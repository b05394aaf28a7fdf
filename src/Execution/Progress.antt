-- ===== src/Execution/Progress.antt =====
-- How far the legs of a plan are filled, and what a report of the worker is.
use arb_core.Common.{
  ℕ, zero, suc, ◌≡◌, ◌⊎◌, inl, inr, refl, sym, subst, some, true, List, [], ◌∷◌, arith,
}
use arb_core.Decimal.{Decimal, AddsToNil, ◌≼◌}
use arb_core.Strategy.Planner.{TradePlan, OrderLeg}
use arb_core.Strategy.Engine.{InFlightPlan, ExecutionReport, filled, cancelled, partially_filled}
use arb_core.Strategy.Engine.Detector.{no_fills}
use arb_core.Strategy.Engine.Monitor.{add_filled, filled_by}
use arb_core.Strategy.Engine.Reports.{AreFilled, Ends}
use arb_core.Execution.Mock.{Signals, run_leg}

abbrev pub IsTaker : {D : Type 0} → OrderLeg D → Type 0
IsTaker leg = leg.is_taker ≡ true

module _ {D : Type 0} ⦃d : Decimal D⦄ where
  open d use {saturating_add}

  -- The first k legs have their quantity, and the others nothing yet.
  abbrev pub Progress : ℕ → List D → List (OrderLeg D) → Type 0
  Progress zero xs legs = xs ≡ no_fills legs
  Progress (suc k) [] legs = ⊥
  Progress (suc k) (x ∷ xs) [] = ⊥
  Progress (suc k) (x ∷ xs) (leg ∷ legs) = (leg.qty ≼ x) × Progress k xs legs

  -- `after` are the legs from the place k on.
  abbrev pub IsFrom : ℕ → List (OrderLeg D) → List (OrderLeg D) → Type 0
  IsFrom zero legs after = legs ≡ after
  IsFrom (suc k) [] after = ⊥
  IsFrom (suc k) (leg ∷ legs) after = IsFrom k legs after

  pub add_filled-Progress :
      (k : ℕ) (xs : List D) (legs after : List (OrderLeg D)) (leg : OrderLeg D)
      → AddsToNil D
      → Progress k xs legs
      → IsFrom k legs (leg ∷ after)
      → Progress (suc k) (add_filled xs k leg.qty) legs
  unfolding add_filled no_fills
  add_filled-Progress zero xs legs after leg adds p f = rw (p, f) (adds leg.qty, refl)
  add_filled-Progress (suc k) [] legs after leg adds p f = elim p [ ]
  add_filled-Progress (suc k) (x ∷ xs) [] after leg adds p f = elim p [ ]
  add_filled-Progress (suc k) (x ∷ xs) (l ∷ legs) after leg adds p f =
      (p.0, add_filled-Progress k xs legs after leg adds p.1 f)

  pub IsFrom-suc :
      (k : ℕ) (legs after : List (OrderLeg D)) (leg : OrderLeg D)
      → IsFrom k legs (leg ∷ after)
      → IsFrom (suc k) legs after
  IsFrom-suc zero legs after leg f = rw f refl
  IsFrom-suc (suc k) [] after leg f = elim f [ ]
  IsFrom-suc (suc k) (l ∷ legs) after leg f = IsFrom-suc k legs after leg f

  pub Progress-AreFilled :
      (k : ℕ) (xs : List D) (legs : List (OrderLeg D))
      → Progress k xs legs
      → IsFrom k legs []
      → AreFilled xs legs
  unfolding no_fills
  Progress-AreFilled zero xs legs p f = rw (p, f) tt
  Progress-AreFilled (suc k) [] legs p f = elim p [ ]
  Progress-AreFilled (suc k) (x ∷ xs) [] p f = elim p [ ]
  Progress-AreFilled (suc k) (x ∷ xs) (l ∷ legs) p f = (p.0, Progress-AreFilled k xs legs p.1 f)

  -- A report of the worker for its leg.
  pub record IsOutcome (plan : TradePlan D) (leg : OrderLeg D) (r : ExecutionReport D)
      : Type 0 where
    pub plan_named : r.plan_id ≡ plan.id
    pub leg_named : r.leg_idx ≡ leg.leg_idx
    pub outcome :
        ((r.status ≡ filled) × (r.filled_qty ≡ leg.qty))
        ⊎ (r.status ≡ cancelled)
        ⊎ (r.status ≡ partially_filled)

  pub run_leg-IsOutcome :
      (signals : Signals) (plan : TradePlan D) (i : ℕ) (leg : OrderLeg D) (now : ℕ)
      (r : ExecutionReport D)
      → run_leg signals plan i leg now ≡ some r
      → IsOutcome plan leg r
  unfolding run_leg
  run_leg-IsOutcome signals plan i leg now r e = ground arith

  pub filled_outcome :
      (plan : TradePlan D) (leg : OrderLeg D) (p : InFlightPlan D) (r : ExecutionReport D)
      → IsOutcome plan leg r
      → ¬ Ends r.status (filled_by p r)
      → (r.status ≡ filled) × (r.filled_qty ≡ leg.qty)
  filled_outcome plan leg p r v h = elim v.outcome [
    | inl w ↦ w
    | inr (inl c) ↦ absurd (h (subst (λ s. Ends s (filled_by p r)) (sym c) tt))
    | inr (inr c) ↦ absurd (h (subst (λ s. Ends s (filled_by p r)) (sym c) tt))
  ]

---*---

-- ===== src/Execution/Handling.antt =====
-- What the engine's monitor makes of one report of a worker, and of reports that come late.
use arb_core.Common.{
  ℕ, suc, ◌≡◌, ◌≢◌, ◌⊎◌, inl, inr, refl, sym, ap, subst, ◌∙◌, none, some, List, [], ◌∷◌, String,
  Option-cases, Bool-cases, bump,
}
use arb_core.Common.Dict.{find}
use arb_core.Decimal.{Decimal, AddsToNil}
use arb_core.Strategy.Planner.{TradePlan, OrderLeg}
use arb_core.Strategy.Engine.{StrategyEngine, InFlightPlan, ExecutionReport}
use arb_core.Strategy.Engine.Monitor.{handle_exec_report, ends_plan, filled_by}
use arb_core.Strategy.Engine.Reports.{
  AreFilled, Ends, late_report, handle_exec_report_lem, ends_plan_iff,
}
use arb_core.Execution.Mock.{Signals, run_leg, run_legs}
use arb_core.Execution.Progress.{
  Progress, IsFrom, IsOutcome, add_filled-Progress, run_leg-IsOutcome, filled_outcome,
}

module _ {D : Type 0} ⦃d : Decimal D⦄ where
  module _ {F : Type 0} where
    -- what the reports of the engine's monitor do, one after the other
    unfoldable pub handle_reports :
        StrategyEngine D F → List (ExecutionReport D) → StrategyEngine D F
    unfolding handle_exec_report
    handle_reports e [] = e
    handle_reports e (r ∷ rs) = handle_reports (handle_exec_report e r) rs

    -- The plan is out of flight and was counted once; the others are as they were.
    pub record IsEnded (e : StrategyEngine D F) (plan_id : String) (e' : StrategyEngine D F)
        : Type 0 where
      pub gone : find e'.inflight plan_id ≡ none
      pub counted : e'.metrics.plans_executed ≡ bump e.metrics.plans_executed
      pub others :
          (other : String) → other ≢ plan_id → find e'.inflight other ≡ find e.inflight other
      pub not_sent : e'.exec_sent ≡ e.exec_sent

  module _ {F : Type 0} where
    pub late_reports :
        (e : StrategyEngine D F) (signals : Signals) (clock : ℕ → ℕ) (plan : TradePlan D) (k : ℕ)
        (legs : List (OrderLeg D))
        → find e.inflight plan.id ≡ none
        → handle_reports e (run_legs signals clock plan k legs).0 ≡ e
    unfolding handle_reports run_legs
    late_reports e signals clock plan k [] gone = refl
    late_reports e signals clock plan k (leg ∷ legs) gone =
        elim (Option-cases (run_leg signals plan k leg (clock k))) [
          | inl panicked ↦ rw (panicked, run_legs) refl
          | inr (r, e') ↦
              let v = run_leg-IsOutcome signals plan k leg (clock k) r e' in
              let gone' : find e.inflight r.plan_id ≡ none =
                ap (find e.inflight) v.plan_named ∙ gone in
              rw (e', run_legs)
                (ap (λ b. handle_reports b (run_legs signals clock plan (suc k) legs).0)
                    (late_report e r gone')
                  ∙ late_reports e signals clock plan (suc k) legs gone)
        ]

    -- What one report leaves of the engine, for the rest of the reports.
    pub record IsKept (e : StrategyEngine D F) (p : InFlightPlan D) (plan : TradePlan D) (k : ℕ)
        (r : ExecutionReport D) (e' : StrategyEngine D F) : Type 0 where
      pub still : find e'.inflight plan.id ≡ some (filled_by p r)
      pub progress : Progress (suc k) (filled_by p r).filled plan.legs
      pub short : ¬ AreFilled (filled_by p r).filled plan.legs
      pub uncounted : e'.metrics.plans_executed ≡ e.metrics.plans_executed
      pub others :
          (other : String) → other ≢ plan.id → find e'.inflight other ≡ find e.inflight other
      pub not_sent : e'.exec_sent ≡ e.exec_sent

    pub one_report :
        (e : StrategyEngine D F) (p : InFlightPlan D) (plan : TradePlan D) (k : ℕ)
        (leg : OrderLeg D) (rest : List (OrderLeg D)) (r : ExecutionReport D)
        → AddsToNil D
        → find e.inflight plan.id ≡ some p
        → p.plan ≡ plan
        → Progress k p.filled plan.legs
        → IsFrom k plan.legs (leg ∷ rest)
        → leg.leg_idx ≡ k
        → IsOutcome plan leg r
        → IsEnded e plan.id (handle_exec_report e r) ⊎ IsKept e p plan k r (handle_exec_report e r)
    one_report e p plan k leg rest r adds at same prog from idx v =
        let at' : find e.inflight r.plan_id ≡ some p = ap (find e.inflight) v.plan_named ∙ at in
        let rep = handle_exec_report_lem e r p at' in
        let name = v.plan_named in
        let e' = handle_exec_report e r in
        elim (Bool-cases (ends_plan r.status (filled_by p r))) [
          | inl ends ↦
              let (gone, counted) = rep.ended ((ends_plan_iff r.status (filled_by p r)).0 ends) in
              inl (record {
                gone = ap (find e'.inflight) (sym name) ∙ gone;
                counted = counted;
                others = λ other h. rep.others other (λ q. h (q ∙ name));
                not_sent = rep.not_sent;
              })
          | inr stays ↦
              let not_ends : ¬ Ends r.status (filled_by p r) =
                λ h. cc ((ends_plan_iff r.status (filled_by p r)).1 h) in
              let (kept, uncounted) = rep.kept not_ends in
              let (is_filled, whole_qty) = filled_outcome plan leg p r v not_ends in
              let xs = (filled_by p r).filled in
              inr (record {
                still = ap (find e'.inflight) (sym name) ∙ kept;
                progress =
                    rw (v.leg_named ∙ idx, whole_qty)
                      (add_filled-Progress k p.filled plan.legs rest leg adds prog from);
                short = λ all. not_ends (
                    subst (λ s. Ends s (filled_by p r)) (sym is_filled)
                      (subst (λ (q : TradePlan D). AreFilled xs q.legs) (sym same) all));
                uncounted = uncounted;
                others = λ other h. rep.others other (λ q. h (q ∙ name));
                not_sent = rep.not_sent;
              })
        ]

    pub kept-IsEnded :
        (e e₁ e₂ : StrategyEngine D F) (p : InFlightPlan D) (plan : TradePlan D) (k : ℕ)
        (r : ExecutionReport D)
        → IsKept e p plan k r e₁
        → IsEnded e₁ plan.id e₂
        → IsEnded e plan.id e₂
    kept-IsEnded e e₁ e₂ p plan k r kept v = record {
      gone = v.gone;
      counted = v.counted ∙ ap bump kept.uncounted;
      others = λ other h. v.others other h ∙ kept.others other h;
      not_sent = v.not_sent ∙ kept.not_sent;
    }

---*---

* [Exercise instructions] Across the entries above, find the lines with the string "bump" and copy them.

* [Result of the exercise]
  Option-cases, Bool-cases, bump,
      pub counted : e'.metrics.plans_executed ≡ bump e.metrics.plans_executed
      counted = v.counted ∙ ap bump kept.uncounted;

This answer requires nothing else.